[Saved entries]

= Beginning of Section =

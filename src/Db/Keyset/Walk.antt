-- ===== src/Db/Keyset/Walk.antt =====
-- Page after page, every row is read once, in order.
use lumescope.Prelude.{
  ℕ, zero, suc, ◌+◌, ◌-◌, ◌≤◌, ◌<◌, ◌≡◌, refl, sym, ap, subst, ◌∙◌, Bool, true, false, ◌&&◌, Option,
  none, some, List, [], ◌∷◌, ◌++◌, inl, inr, arith, All, filter, length, take, drop, last?,
  take-append-drop, ltb, Bool-cases, Option-cases,
}
use lumescope.Db.Keyset.{KeyOrder, is_after, page, after_page, walk}
use lumescope.Db.Keyset.Order.{IsSorted, IsSorted-filter, Precedes, lt_asymm}

module _ {ℓ} {A : Type ℓ} where
  pub length-take_le : (n : ℕ) (xs : List A) → length (take n xs) ≤ n
  length-take_le zero xs = omega arith
  length-take_le (suc n) [] = omega arith
  length-take_le (suc n) (x ∷ xs) = omega (arith, length-take_le n xs)

  pub length-take_full : (n : ℕ) (xs : List A) → n ≤ length xs → length (take n xs) ≡ n
  length-take_full zero xs h = refl
  length-take_full (suc n) [] h = absurd (omega arith)
  length-take_full (suc n) (x ∷ xs) h = ap suc (length-take_full n xs (omega arith))

  take_short : (n : ℕ) (xs : List A) → length (take (suc n) xs) ≤ n → take (suc n) xs ≡ take n xs
  take_short zero [] h = refl
  take_short zero (x ∷ xs) h = absurd (omega arith)
  take_short (suc n) [] h = refl
  take_short (suc n) (x ∷ xs) h = ap (λ l. x ∷ l) (take_short n xs (omega arith))

  pub take_all : (n : ℕ) (xs : List A) → length xs ≤ n → take n xs ≡ xs
  take_all zero [] h = refl
  take_all zero (x ∷ xs) h = absurd (omega arith)
  take_all (suc n) [] h = refl
  take_all (suc n) (x ∷ xs) h = ap (λ l. x ∷ l) (take_all n xs (omega arith))

  take-take : (n : ℕ) (xs : List A) → take n (take (suc n) xs) ≡ take n xs
  take-take zero xs = refl
  take-take (suc n) [] = refl
  take-take (suc n) (x ∷ xs) = ap (λ l. x ∷ l) (take-take n xs)

  lt-length-take_iff : (n : ℕ) (xs : List A) → ltb n (length (take (suc n) xs)) ≡ ltb n (length xs)
  lt-length-take_iff zero [] = refl
  lt-length-take_iff zero (x ∷ xs) = ground arith
  lt-length-take_iff (suc n) [] = refl
  lt-length-take_iff (suc n) (x ∷ xs) = ground (arith, lt-length-take_iff n xs)

  -- A page is the first rows, and says whether there are more.
  pub page_lem : (n : ℕ) (rows : List A) → page n rows ≡ (take n rows, ltb n (length rows))
  unfolding page
  page_lem n rows =
      let one : n + 1 ≡ suc n = omega arith in
      elim (Bool-cases (ltb n (length (take (suc n) rows)))) [
        | inl e ↦ rw (one, page) (ground (arith, e, take-take n rows, lt-length-take_iff n rows))
        | inr e ↦
            let short = take_short n rows (ground arith) in
            rw (one, page) (ground (arith, e, short, lt-length-take_iff n rows))
      ]

  pub last?-none : (n : ℕ) (xs : List A) → 0 < n → last? (take n xs) ≡ none → xs ≡ []
  last?-none zero xs h e = absurd (omega arith)
  last?-none (suc n) [] h e = refl
  last?-none (suc zero) (x ∷ xs) h e = cc
  last?-none (suc (suc n)) (x ∷ []) h e = cc
  last?-none (suc (suc n)) (x ∷ y ∷ xs) h e =
      let empty = last?-none (suc n) (y ∷ xs) (omega arith) e in cc

  filter-All : (p : A → Bool) (xs : List A) → All (λ x. p x ≡ true) xs → filter p xs ≡ xs
  filter-All p [] h = refl
  filter-All p (x ∷ xs) h = rw h.0 (ap (λ l. x ∷ l) (filter-All p xs h.1))

  pub filter_sound : (p : A → Bool) (xs : List A) → All (λ x. p x ≡ true) (filter p xs)
  filter_sound p [] = tt
  filter_sound p (x ∷ xs) = elim (Bool-cases (p x)) [
    | inl e ↦ rw e (e, filter_sound p xs)
    | inr e ↦ rw e (filter_sound p xs)
  ]

  pub length-drop : (n : ℕ) (xs : List A) → length (drop n xs) ≡ length xs - n
  length-drop zero xs = omega arith
  length-drop (suc n) [] = omega arith
  length-drop (suc n) (x ∷ xs) = omega (arith, length-drop n xs)

  pub All-of : {P : A → Type 0} (f : (a : A) → P a) (xs : List A) → All P xs
  All-of f [] = tt
  All-of f (x ∷ xs) = (f x, All-of f xs)

  pub filter_cong :
      (p q : A → Bool) → ((x : A) → p x ≡ q x) → (xs : List A) → filter p xs ≡ filter q xs
  filter_cong p q same [] = refl
  filter_cong p q same (x ∷ xs) = ground (arith, same x, filter_cong p q same xs)

  pub filter-and :
      (p q : A → Bool) (xs : List A) → filter (λ x. p x && q x) xs ≡ filter q (filter p xs)
  filter-and p q [] = refl
  filter-and p q (x ∷ xs) = ground (arith, filter-and p q xs)

  -- a test that implies another one makes it superfluous
  filter-filter :
      (p q : A → Bool) (xs : List A)
      → All (λ x. q x ≡ true → p x ≡ true) xs
      → filter q (filter p xs) ≡ filter q xs
  filter-filter p q [] h = refl
  filter-filter p q (x ∷ xs) h = ground (arith, h.0, filter-filter p q xs h.1)

pub All-last {ℓ} :
    {A : Type ℓ} (P : A → Type 0) (n : ℕ) (xs : List A) (x : A)
    → All P xs
    → last? (take n xs) ≡ some x
    → P x
All-last P zero xs x h e = cc
All-last P (suc n) [] x h e = cc
All-last P (suc zero) (y ∷ ys) x h e = let same : y ≡ x = cc in subst P same h.0
All-last P (suc (suc n)) (y ∷ []) x h e = let same : y ≡ x = cc in subst P same h.0
All-last P (suc (suc n)) (y ∷ z ∷ ys) x h e = All-last P (suc n) (z ∷ ys) x h.1 e

module _ {A K : Type 0} (o : KeyOrder K) (key : A → K) where
  not_after_self : (y x : A) → y ≡ x → o.lt (key x) (key y) ≡ false
  not_after_self y x same = subst (λ w. o.lt (key x) (key w) ≡ false) (sym same) (o.irrefl (key x))

  -- behind the last row of a page come exactly the rows that the page leaves out
  pub cut :
      (n : ℕ) (xs : List A) (x : A)
      → IsSorted o key xs
      → last? (take n xs) ≡ some x
      → filter (is_after o key (some (key x))) xs ≡ drop n xs
  cut zero xs x s e = cc
  cut (suc n) [] x s e = refl
  cut (suc zero) (y ∷ ys) x s e =
      let same : y ≡ x = cc in
      rw (not_after_self y x same)
        (filter-All (is_after o key (some (key x))) ys (subst (λ w. Precedes o key w ys) same s.0))
  cut (suc (suc n)) (y ∷ []) x s e = let same : y ≡ x = cc in rw (not_after_self y x same)
  cut (suc (suc n)) (y ∷ z ∷ zs) x s e =
      let before = All-last (λ w. o.lt (key y) (key w) ≡ true) (suc n) (z ∷ zs) x s.0 e in
      rw (lt_asymm o key (key y) (key x) before) (cut (suc n) (z ∷ zs) x s.1 e)

  -- no row of a page comes after its last one
  pub page_before_last :
      (n : ℕ) (xs : List A) (x : A)
      → IsSorted o key xs
      → last? (take n xs) ≡ some x
      → All (λ y. o.lt (key x) (key y) ≡ false) (take n xs)
  page_before_last zero xs x s e = tt
  page_before_last (suc n) [] x s e = tt
  page_before_last (suc zero) (y ∷ ys) x s e =
      let same : y ≡ x = cc in (not_after_self y x same, tt)
  page_before_last (suc (suc n)) (y ∷ []) x s e =
      let same : y ≡ x = cc in (not_after_self y x same, tt)
  page_before_last (suc (suc n)) (y ∷ z ∷ zs) x s e =
      let before = All-last (λ w. o.lt (key y) (key w) ≡ true) (suc n) (z ∷ zs) x s.0 e in
      (lt_asymm o key (key y) (key x) before, page_before_last (suc n) (z ∷ zs) x s.1 e)

  is_after_trans :
      (cursor : Option K) (x y : A)
      → is_after o key cursor x ≡ true
      → o.lt (key x) (key y) ≡ true
      → is_after o key cursor y ≡ true
  is_after_trans none x y h k = refl
  is_after_trans (some c) x y h k = o.trans c (key x) (key y) h k

  -- what lies behind the last row of a page, among all rows, is what the page leaves out
  next_rows :
      (n : ℕ) (xs : List A) (cursor : Option K) (x : A)
      → IsSorted o key xs
      → last? (take n (filter (is_after o key cursor) xs)) ≡ some x
      → filter (is_after o key (some (key x))) xs ≡ drop n (filter (is_after o key cursor) xs)
  next_rows n xs cursor x s e =
      let p = is_after o key cursor in
      let here = All-last (λ w. p w ≡ true) n (filter p xs) x (filter_sound p xs) e in
      sym (
        filter-filter p (is_after o key (some (key x))) xs
          (All-of (λ y. is_after_trans cursor x y here) xs))
      ∙ cut n (filter p xs) x (IsSorted-filter o key p xs s) e

  module _ (n : ℕ) (xs : List A) (fetch : Option K → List A × Bool) where
    -- A client that follows the cursors from a page on collects all rows behind its cursor, in
    -- order, if a page is never empty and there is fuel for each row.
    pub walk_all :
        (fuel : ℕ) (cursor : Option K)
        → IsSorted o key xs
        → 0 < n
        → ((c : Option K) → fetch c ≡ page n (filter (is_after o key c) xs))
        → length (filter (is_after o key cursor) xs) < fuel
        → walk key fetch fuel cursor ≡ filter (is_after o key cursor) xs
    unfolding walk
    walk_all zero cursor s pos pages enough = absurd (omega arith)
    walk_all (suc fuel) cursor s pos pages enough =
        let rows = filter (is_after o key cursor) xs in
        let turn = λ (p : List A × Bool). after_page key p (λ k. walk key fetch fuel (some k)) in
        let got = pages cursor ∙ page_lem n rows in
        elim (Bool-cases (ltb n (length rows))) [
          | inr e ↦
              let now = got ∙ ap (λ b. (take n rows, b)) e in
              ap turn now ∙ take_all n rows (ground arith)
          | inl e ↦
              let now = got ∙ ap (λ b. (take n rows, b)) e in
              elim (Option-cases (last? (take n rows))) [
                | inl gone ↦
                    let empty = last?-none n rows pos gone in
                    absurd (ground (arith, e, ap (λ (l : List A). length l) empty))
                | inr (x, last) ↦
                    let rest = next_rows n xs cursor x s last in
                    let fewer = length-drop n rows in
                    let later =
                      walk_all fuel (some (key x)) s pos pages
                        (ground (arith, e, fewer, ap (λ (l : List A). length l) rest)) in
                    ap turn now
                    ∙ rw (last, after_page)
                        (ap (λ l. take n rows ++ l) (later ∙ rest) ∙ take-append-drop n rows)
              ]
        ]

pub filter-true {ℓ} : {A : Type ℓ} (xs : List A) → filter (λ _. true) xs ≡ xs
filter-true [] = refl
filter-true (x ∷ xs) = ap (λ l. x ∷ l) (filter-true xs)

= End of Section =

### EXERCISE
Among the entries above, the line containing "last?-none zero xs", the line containing "All-last P (suc n) [] x h e = cc", and all lines between them are to be restated word for word; nothing else belongs in the reply.

### REPLY TO THE EXERCISE
  last?-none zero xs h e = absurd (omega arith)
  last?-none (suc n) [] h e = refl
  last?-none (suc zero) (x ∷ xs) h e = cc
  last?-none (suc (suc n)) (x ∷ []) h e = cc
  last?-none (suc (suc n)) (x ∷ y ∷ xs) h e =
      let empty = last?-none (suc n) (y ∷ xs) (omega arith) e in cc

  filter-All : (p : A → Bool) (xs : List A) → All (λ x. p x ≡ true) xs → filter p xs ≡ xs
  filter-All p [] h = refl
  filter-All p (x ∷ xs) h = rw h.0 (ap (λ l. x ∷ l) (filter-All p xs h.1))

  pub filter_sound : (p : A → Bool) (xs : List A) → All (λ x. p x ≡ true) (filter p xs)
  filter_sound p [] = tt
  filter_sound p (x ∷ xs) = elim (Bool-cases (p x)) [
    | inl e ↦ rw e (e, filter_sound p xs)
    | inr e ↦ rw e (filter_sound p xs)
  ]

  pub length-drop : (n : ℕ) (xs : List A) → length (drop n xs) ≡ length xs - n
  length-drop zero xs = omega arith
  length-drop (suc n) [] = omega arith
  length-drop (suc n) (x ∷ xs) = omega (arith, length-drop n xs)

  pub All-of : {P : A → Type 0} (f : (a : A) → P a) (xs : List A) → All P xs
  All-of f [] = tt
  All-of f (x ∷ xs) = (f x, All-of f xs)

  pub filter_cong :
      (p q : A → Bool) → ((x : A) → p x ≡ q x) → (xs : List A) → filter p xs ≡ filter q xs
  filter_cong p q same [] = refl
  filter_cong p q same (x ∷ xs) = ground (arith, same x, filter_cong p q same xs)

  pub filter-and :
      (p q : A → Bool) (xs : List A) → filter (λ x. p x && q x) xs ≡ filter q (filter p xs)
  filter-and p q [] = refl
  filter-and p q (x ∷ xs) = ground (arith, filter-and p q xs)

  -- a test that implies another one makes it superfluous
  filter-filter :
      (p q : A → Bool) (xs : List A)
      → All (λ x. q x ≡ true → p x ≡ true) xs
      → filter q (filter p xs) ≡ filter q xs
  filter-filter p q [] h = refl
  filter-filter p q (x ∷ xs) h = ground (arith, h.0, filter-filter p q xs h.1)

pub All-last {ℓ} :
    {A : Type ℓ} (P : A → Type 0) (n : ℕ) (xs : List A) (x : A)
    → All P xs
    → last? (take n xs) ≡ some x
    → P x
All-last P zero xs x h e = cc
All-last P (suc n) [] x h e = cc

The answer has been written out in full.